I faced him and felt my dress turn saccharine, sanguine, slowly, helplessly watching myself get swallowed by a horrific white cupcake. My vision clouded with frosting, my lungs filled with buttercream, my ears and eyes and nose stuffed full of dense, sweet cake. My mother had a dream like this—a white dress pulling me down into the water, swirling around me like foaming water; a necklace of pears breaking like a noose and falling like tears down my neck. She told me to go to the lake, and now I hold her flowers.

With my last breath, I yelled out to my father.

I begged him to cut me out of my wedding dress.

In another, he pushed me down a flight of stairs into his lake.

I hit the frozen surface hard and felt my bones shatter along with the ice beneath me. Paralyzed and rigid, I could only move my eyes, flicking them quickly across his face, which stared at me dying in the water. I reached out. He turned away. I let my eyes roll back into my skull.

I woke up in his arms, and he told me he’d saved me from drowning. He brought me to the things I loved and made me watch as I couldn’t do them. He held my hands up to my face to show me all the things I could no longer hold or have. He reminded me my body was no longer my own.

I couldn’t speak or move. Every inch of me belonged to him.

The last one started as a memory.

We were on my couch. My parents were gone. He chose the movie. We were holding hands. Mine got so sweaty; the accumulated sweat melted and started flooding the room like a great big broken pipe. The water tickled my ankles but I was glued to the screen, entranced by the enticing allure of not having to look at him until I had to, until I woke up. Until he woke me, craning his head back and arching his spine until it cracked like a sick joke as he howled at the lurid moon, looming over me like a voyeur.

I pulled my feet from the water. He grabbed my jaw. He made me watch. I watched him grow, swelling until the couch capsized under his weight. I watched and watched as his eyes bugged out of his face, and his nose shrunk down. I watched as his neck split open into gills and his arms flattened down into translucent fins. I watched as his body inflamed and burst out of itself, a long tail spilling out of his stomach. He continued to grow until he took up the entire room. I kept watching as his giant, fishy lips kissed my whole face and swallowed my whole head.
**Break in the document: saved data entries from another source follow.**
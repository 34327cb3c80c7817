-- ===== src/Software/BlindIndex.antt =====
-- Blind indexes of different tenants or inputs.
use ai_auth.Common.{
  ◌<◌, ◌^◌, ◌≡◌, ◌⊎◌, inl, inr, sym, ◌∙◌, ap, List, [], ◌∷◌, some, ok, append-nil, length,
  >>=-eq-ok, ok_or-eq-ok, map_err-eq-ok, ok-injective, ok-injective,
}
use ai_auth.HashMap.{lookup}
use ai_auth.Provider.{KeyHandle, KeyHandle-discrete}
use ai_auth.Software.{Primitives, SoftwareProvider, updates, index_parts, blind_index}
use ai_auth.Software.Assumptions.{IsStreaming, Collision}
use ai_auth.Software.Frame.{concat, index_parts_injective}
use ai_auth.Text.{Str, Bytes, IsStr, len, Str-discrete}

module _ (P : Primitives) (h : IsStreaming P) where
  updates-concat :
      (mac : P.Mac) (p : Bytes) (ps : List Bytes)
      → updates P mac (p ∷ ps) ≡ P.mac_update mac (concat (p ∷ ps))
  unfolding updates
  updates-concat mac p [] = ap (P.mac_update mac) (sym (append-nil p))
  updates-concat mac p (q ∷ ps) =
      updates-concat (P.mac_update mac p) q ps ∙ h.update_append mac p (concat (q ∷ ps))

  updates-index :
      (mac : P.Mac) (t : Str) (input : Bytes)
      → updates P mac (index_parts t input) ≡ P.mac_update mac (concat (index_parts t input))
  unfolding index_parts
  updates-index mac t input = updates-concat mac _ _

  -- What a blind index is: the tag of the framed parts under the key's material.
  blind_index_inv :
      (p : SoftwareProvider) (handle : KeyHandle) (t : Str) (input index : Bytes)
      → blind_index P p handle t input ≡ ok index
      → (material : Bytes) × (mac : P.Mac) × (lookup KeyHandle-discrete handle p.keys
          ≡ some material)
        × (P.mac_from_slice material ≡ ok mac)
        × (P.mac_finalize (P.mac_update mac (concat (index_parts t input))) ≡ index)
  unfolding blind_index
  blind_index_inv p handle t input index e =
      let (material, found, e') = >>=-eq-ok _ _ e in
      let (mac, made, out) = >>=-eq-ok _ _ e' in
      (
        material,
        mac,
        ok_or-eq-ok _ _ found,
        map_err-eq-ok _ _ made,
        ap P.mac_finalize (sym (updates-index mac t input)) ∙ ok-injective out,
      )

  -- Two tenants, or two inputs, of less than 2^64 bytes with one index under one key give a
  -- collision of the HMAC: their framed encodings are two messages with one tag. The HMAC is one
  -- that is fed in parts.
  pub blind_index-Collision :
      (p : SoftwareProvider) (handle : KeyHandle) (s t : Str) (xs ys index : Bytes)
      → IsStr s
      → IsStr t
      → len s < 2 ^ 64
      → len t < 2 ^ 64
      → length xs < 2 ^ 64
      → length ys < 2 ^ 64
      → blind_index P p handle s xs ≡ ok index
      → blind_index P p handle t ys ≡ ok index
      → ((s ≡ t) × (xs ≡ ys)) ⊎ Collision P (concat (index_parts s xs)) (concat (index_parts t ys))
  blind_index-Collision p handle s t xs ys index hs ht ls lt lx ly e f =
      let (m, mac, found, made, out) = blind_index_inv p handle s xs index e in
      let (m', mac', found', made', out') = blind_index_inv p handle t ys index f in
      let a = concat (index_parts s xs) in
      let b = concat (index_parts t ys) in
      elim (Str-discrete a b) [
        | yes same ↦ inl (index_parts_injective s t xs ys hs ht ls lt lx ly same)
        | no differ ↦ inr (record { mac = mac; differ = differ; agree = cc })
      ]
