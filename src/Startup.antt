-- ===== src/Startup.antt =====
-- crypto/src/main.rs: what the process reads and checks before it serves, in the order of the code.
-- `Environment` is what the operating system and other crates answer.
pub mod Serves
pub mod Run
pub mod Announced
use ai_auth.Common.{
  ℕ, Bool, true, false, ◌++◌, List, [], ◌∷◌, Option, none, some, Result, ok, err, ◌>>=◌, map_err,
  ok_or, is_empty, if◌then◌else◌, replicate,
}
use ai_auth.Profile
use ai_auth.Profile.{Profile, refusal_text}
use ai_auth.Provider.{KeyHandle}
use ai_auth.Software
use ai_auth.Software.{SoftwareProvider, Primitives}
use ai_auth.Text.{Str, Bytes, str}

-- `std::env::VarError`
pub data VarError : Type 0 where
  not_present not_unicode : VarError

pub record Environment : Type 1 where
  -- std::env::var
  pub var : Str → Result Str VarError
  -- std::fs::read, with the text of its error
  pub read : Str → Result Bytes Str
  -- `str::parse` of a socket address
  pub SocketAddr : Type 0
  pub parse_addr : Str → Result SocketAddr Str
  -- `{:?}` of a str
  pub debug : Str → Str

-- Why the process ends before it serves: the error that main returns, or a line on stderr and
-- exit code 1.
pub data Fatal : Type 0 where
  returned_error : Str → Fatal
  exited : Str → Fatal

-- What the server is started with.
pub record Started (A : Type 0) : Type 0 where
  pub addr : A
  pub ca : Bytes
  pub cert : Bytes
  pub key : Bytes
  pub profile : Profile
  pub provider : SoftwareProvider
  pub index_key : KeyHandle
  pub kek : KeyHandle

unfoldable pub missing_line : Str → Str
missing_line name =
    str "{\"fatal\":\"missing required environment\",\"var\":\"" ++ name ++ str "\"}\n"

unfoldable pub unreadable_line : Str → Str → Str
unreadable_line path e =
    str "{\"fatal\":\"cannot read credential file\",\"path\":\""
    ++ path
    ++ str "\",\"err\":\""
    ++ e
    ++ str "\"}\n"

unfoldable pub profile_line : Str → Str
profile_line e = str "{\"fatal\":\"invalid profile\",\"detail\":\"" ++ e ++ str "\"}\n"

unfoldable pub refusal_line : Str → Str
refusal_line refusal =
    str "{\"fatal\":\"profile precondition unmet\",\"detail\":\"" ++ refusal ++ str "\"}\n"

unfoldable pub index_key : KeyHandle
index_key = record { id = str "blind-index-v1" }

unfoldable pub kek : KeyHandle
kek = record { id = str "kek-v1" }

-- The provider with the development keys.
unfoldable pub development_provider : SoftwareProvider
development_provider =
    Software.with_key (Software.with_key Software.new index_key (replicate 32 0x5a)) kek
      (replicate 32 0xa5)

module _ (E : Environment) where
  unfoldable pub required_env : Str → Result Str Fatal
  required_env name = elim (E.var name) [
    | ok v ↦ if is_empty v then err (exited (missing_line name)) else ok v
    | err e ↦ err (exited (missing_line name))
  ]

  unfoldable pub must_read : Str → Result Bytes Fatal
  must_read path = map_err (E.read path) λ e. exited (unreadable_line path e)

  -- `must_read(&required_env(name))`
  unfoldable pub credential : Str → Result Bytes Fatal
  credential name = do path ← required_env name; must_read path

  unfoldable pub listen_addr : Result E.SocketAddr Fatal
  listen_addr =
      map_err
        (E.parse_addr (elim (E.var (str "CRYPTO_ADDR")) [ ok v ↦ v | err e ↦ str "0.0.0.0:9090" ]))
        returned_error

  unfoldable pub chosen_profile : Result Profile Fatal
  chosen_profile = elim (E.var (str "AIAUTH_PROFILE")) [
    | ok v ↦ map_err (Profile.parse E.debug v) λ e. exited (profile_line e)
    | err e ↦ ok Profile.default
  ]

  -- `main`, up to the server.
  unfoldable pub start : Primitives → Result (Started E.SocketAddr) Fatal
  start P = do
    addr ← listen_addr
    ca ← credential (str "CRYPTO_CA_FILE")
    cert ← credential (str "CRYPTO_CERT_FILE")
    key ← credential (str "CRYPTO_KEY_FILE")
    profile ← chosen_profile
    _ ←
        map_err (Profile.check profile (Software.attestation P))
          λ refusal. exited (refusal_line (refusal_text refusal))
    ok (record {
      addr = addr;
      ca = ca;
      cert = cert;
      key = key;
      profile = profile;
      provider = development_provider;
      index_key = index_key;
      kek = kek;
    })
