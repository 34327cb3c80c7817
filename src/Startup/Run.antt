-- ===== src/Startup/Run.antt =====
-- crypto/src/main.rs: `main` from its start to its end. `Transport` is what it calls in tonic and
-- tokio. The result of `main` stands beside what it prints on stdout; `Fatal` holds the line that a
-- refused start prints on stderr.
use ai_auth.Common.{Bool, true, false, ◌++◌, List, [], Result, ok, err, map_err, if◌then◌else◌}
use ai_auth.Limits.{Key, Bucket}
use ai_auth.Limits.Float.{F64}
use ai_auth.Profile
use ai_auth.Profile.{Profile}
use ai_auth.Provider.{ProviderAttestation}
use ai_auth.Service.Guard.{Guard}
use ai_auth.Software
use ai_auth.Software.{Primitives, software}
use ai_auth.Startup.{Environment, Started, Fatal, returned_error, start}
use ai_auth.Text.{Str, Bytes, str}
use ai_auth.Webauthn.{Libraries}

pub record Transport (A : Type 0) : Type 1 where
  -- tonic::transport: `ServerTlsConfig`, with the identity of a certificate and a key, and with the
  -- root that client certificates must come from; `Server::tls_config`, with the text of its error
  pub ServerTlsConfig : Type 0
  pub new_config : ServerTlsConfig
  pub identity : ServerTlsConfig → Bytes → Bytes → ServerTlsConfig
  pub client_ca_root : ServerTlsConfig → Bytes → ServerTlsConfig
  pub Server : Type 0
  pub tls_config : ServerTlsConfig → Result Server Str
  -- `add_service` and `serve_with_shutdown`: whether ctrl-c came, and how the server ended
  pub serve_with_shutdown : Server → Guard → A → Bool × Result (Unit {0}) Str
  -- `{}` of a socket address
  pub display_addr : A → Str

unfoldable pub display_bool : Bool → Str
display_bool true = str "true"
display_bool false = str "false"

unfoldable pub guard_up : Str → Profile → ProviderAttestation → Str
unfolding display_bool
guard_up addr profile attestation =
    str "{\"event\":\"guard_up\",\"addr\":\""
    ++ (addr
        ++ (str "\",\"mtls\":true,\"profile\":\""
            ++ (Profile.as_str profile
                ++ (str "\",\"provider\":\""
                    ++ (attestation.name
                        ++ (str "\",\"fips\":" ++ (display_bool attestation.fips ++ str "}\n")))))))

unfoldable pub guard_shutdown : Str
guard_shutdown = str "{\"event\":\"guard_shutdown\"}\n"

module _ (E : Environment) (T : Transport E.SocketAddr) (P : Primitives) (floats : F64)
    (iter : List (Key × Bucket floats) → List (Key × Bucket floats)) (libraries : Libraries) where
  -- `tls`
  unfoldable pub tls : Started E.SocketAddr → T.ServerTlsConfig
  tls s = T.client_ca_root (T.identity T.new_config s.cert s.key) s.ca

  -- `Guard::new(Arc::new(provider), index_key, kek)`
  unfoldable pub new_guard : Started E.SocketAddr → Guard
  new_guard s = record {
    floats = floats;
    iter = iter;
    libraries = libraries;
    provider = software P s.provider;
    index_key = s.index_key;
    kek = s.kek;
  }

  -- From the announcement on.
  unfoldable pub served : Started E.SocketAddr → Str × Result (Unit {0}) Fatal
  unfolding tls new_guard
  served s =
      let up = guard_up (T.display_addr s.addr) s.profile (Software.attestation P) in
      elim (T.tls_config (tls s)) [
        | err e ↦ (up, err (returned_error e))
        | ok server ↦
            let (signalled, result) = T.serve_with_shutdown server (new_guard s) s.addr in
            (up ++ (if signalled then guard_shutdown else []), map_err result returned_error)
      ]

  unfoldable pub main : Str × Result (Unit {0}) Fatal
  main = elim (start E P) [ err fatal ↦ ([], err fatal) | ok s ↦ served s ]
I watched until I knew him. Until he held me and soothed me with a crooning song that echoed like a lullaby on a sticky night by the shore. He told me everything was going to be okay as he swallowed me into the darkness of his stomach; a darkness that looked like the inside of my room late at night. I watched the sunrise and the days pass, and I watched myself have more dreams at night.

I can’t stop dreaming about him.

I think I’m living in a giant fish stomach.